Should distinguish creativity from idea/expression.  Author’s engagement w/cultural landscape
around them that creates creativity, not isolated imagination of a bunch of
alternatives. 
 
Proust’s novel In
Search of Lost Time
—there are no alternatives for his first sentence.  “For the longest time I went to bed early.”  He made a wildly creative choice (throws off
your sense of time), but having chosen to say this he had almost no choice in
how it would be done.  But choice is not
the right methodology for choosing creativity. It’s not realistic as to how
creativity works: a creative work is not assessed as having chosen one of many
alternatives. Creativity = unpredictable.
 
Bergson: Nobel Prize for literature in 1920s.  We think of things as being repeatable,
reversible in a lot of ways.
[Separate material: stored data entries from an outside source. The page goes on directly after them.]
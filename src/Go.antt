-- ===== src/Go.antt =====
-- The Go runtime as the program uses it: error values, child processes, and actions that may
-- return, fail with an error, panic or block for ever.
pub mod Error
pub mod World
pub mod Action
pub mod Rules
pub mod Relations
pub mod Logic
pub mod Adds
pub mod Ends
pub mod Total
pub mod Quiet
pub mod Safe
pub mod Exact
pub mod Plain
pub mod Channel
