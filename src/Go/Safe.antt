-- ===== src/Go/Safe.antt =====
-- `Extends` as a property of actions, and postconditions with a condition on every other end.
use mariadb_ctrl.Prelude.{refl, [], ◌∷◌}
use mariadb_ctrl.Go.World.{World, Event}
use mariadb_ctrl.Go.Action.{
  Outcome, returned, failed, panicked, blocked, Go, final, logged, ◌>>=◌, continue,
}
use mariadb_ctrl.Go.Rules.{
  Moves, Moves-pure, Moves-fail, Moves-panic, Moves-bind, Moves-attempt, Moves-call,
}
use mariadb_ctrl.Go.Logic.{Logic, Has}
use mariadb_ctrl.Go.Relations.{Extends, Extends-IsPreorder, Extends-of_Adds}
use mariadb_ctrl.Go.Adds.{AddsOnly}

-- Whatever happens, the action adds to the trace events that have `P`.
abbrev pub ExtendsOnly : (Event → Type 0) → (A : Type 0) → Go A → Type 0
ExtendsOnly P A m = Moves (Extends P) m

module _ {P : Event → Type 0} where
  pub Extends-logged : (e : Event) → P e → (w : World) → Extends P w (logged e w)
  Extends-logged e p w = record { added = e ∷ []; grown = refl; all = (p, tt) }

  pub ExtendsOnly-Logic : Logic (ExtendsOnly P) P
  ExtendsOnly-Logic = record {
    on_pure = λ A a. Moves-pure (Extends-IsPreorder P) a;
    on_fail = λ A e. Moves-fail (Extends-IsPreorder P) e;
    on_panic = λ A e. Moves-panic (Extends-IsPreorder P) e;
    on_bind = λ A B m f p q. Moves-bind (Extends-IsPreorder P) m f p q;
    on_attempt = λ A m p. Moves-attempt m p;
    on_call = λ A answer event p. Moves-call answer event (λ w a. Extends-logged (event a) (p a) w);
  }

  pub ExtendsOnly-of_AddsOnly : {A : Type 0} {m : Go A} → AddsOnly P A m → ExtendsOnly P A m
  ExtendsOnly-of_AddsOnly p = record { at = λ w. Extends-of_Adds (p.at w) }

-- `Q` where the action returns, and `I` wherever else it stops.
abbrev pub Safe : {A : Type 0} → (World → Type 0) → (A → World → Type 0) → Outcome A → Type 0
Safe I Q (returned a v) = Q a v
Safe I Q (failed e v) = I v
Safe I Q (panicked e v) = I v
Safe I Q (blocked v) = I v

Safe-continue :
    {A B : Type 0} (I : World → Type 0) (Q : A → World → Type 0) (R : B → World → Type 0)
    (r : Outcome A) (f : A → Go B)
    → Safe I Q r
    → ((a : A) (v : World) → Q a v → Safe I R (f a v))
    → Safe I R (continue r f)
Safe-continue I Q R (returned a v) f h k = k a v h
Safe-continue I Q R (failed e v) f h k = h
Safe-continue I Q R (panicked e v) f h k = h
Safe-continue I Q R (blocked v) f h k = h

pub Safe-bind :
    {A B : Type 0} (I : World → Type 0) (Q : A → World → Type 0) (R : B → World → Type 0) (m : Go A)
    (f : A → Go B) (w : World)
    → Safe I Q (m w)
    → ((a : A) (v : World) → Q a v → Safe I R (f a v))
    → Safe I R ((m >>= f) w)
unfolding ◌>>=◌
Safe-bind I Q R m f w h k = Safe-continue I Q R (m w) f h k

pub final_of_Safe :
    {A : Type 0} (I : World → Type 0) (r : Outcome A) → Safe I (λ _ v. I v) r → I (final r)
final_of_Safe I (returned a v) h = h
final_of_Safe I (failed e v) h = h
final_of_Safe I (panicked e v) h = h
final_of_Safe I (blocked v) h = h

pub Safe-of_final :
    {A : Type 0} (I : World → Type 0) (r : Outcome A) → I (final r) → Safe I (λ _ v. I v) r
Safe-of_final I (returned a v) h = h
Safe-of_final I (failed e v) h = h
Safe-of_final I (panicked e v) h = h
Safe-of_final I (blocked v) h = h

-- An action that extends the trace keeps what extensions of the trace keep.
pub Safe-of_Extends :
    {A : Type 0} {P : Event → Type 0} (u : World) (m : Go A)
    → Has (ExtendsOnly P) m
    → (w : World) → Extends P u w
    → Safe (Extends P u) (λ _ v. Extends P u v) (m w)
Safe-of_Extends {P} u m q w h =
    Safe-of_final (Extends P u) (m w)
      ((Extends-IsPreorder P).transitive u w (final (m w)) h (q.holds.at w))

-- An action that extends the trace by such events, and the rest.
pub extending_then :
    {A B : Type 0} {P : Event → Type 0} (u : World) (R : B → World → Type 0) (m : Go A)
    (f : A → Go B)
    → Has (ExtendsOnly P) m
    → (w : World) → Extends P u w
    → ((a : A) (v : World) → Extends P u v → Safe (Extends P u) R (f a v))
    → Safe (Extends P u) R ((m >>= f) w)
extending_then {P} u R m f q w h k =
    Safe-bind (Extends P u) (λ _ v. Extends P u v) R m f w (Safe-of_Extends u m q w h) k

pub Safe-map :
    {A : Type 0} (I J : World → Type 0) (Q R : A → World → Type 0) (o : Outcome A)
    → ((v : World) → I v → J v)
    → ((a : A) (v : World) → Q a v → R a v)
    → Safe I Q o
    → Safe J R o
Safe-map I J Q R (returned a v) f g h = g a v h
Safe-map I J Q R (failed e v) f g h = f v h
Safe-map I J Q R (panicked e v) f g h = f v h
Safe-map I J Q R (blocked v) f g h = f v h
We like to break things down into chunks, rather
than the whole movement or process. 
Cinematographic method.  Faults
humans for reducing events to things and states.  The possible only becomes possible when it
becomes real: a nub of the alternative approach to creativity.  The choice idea presupposes a lot of
possibles that never come into being, but they don’t exist and maybe never
will.  Think about creativity as movement,
processes—the work is never done.  The
process that led to that particular artifact matters.
 
Burk: distinguish creativity from obviousness/nonobviousness:
what part of creativity is relevant for ©?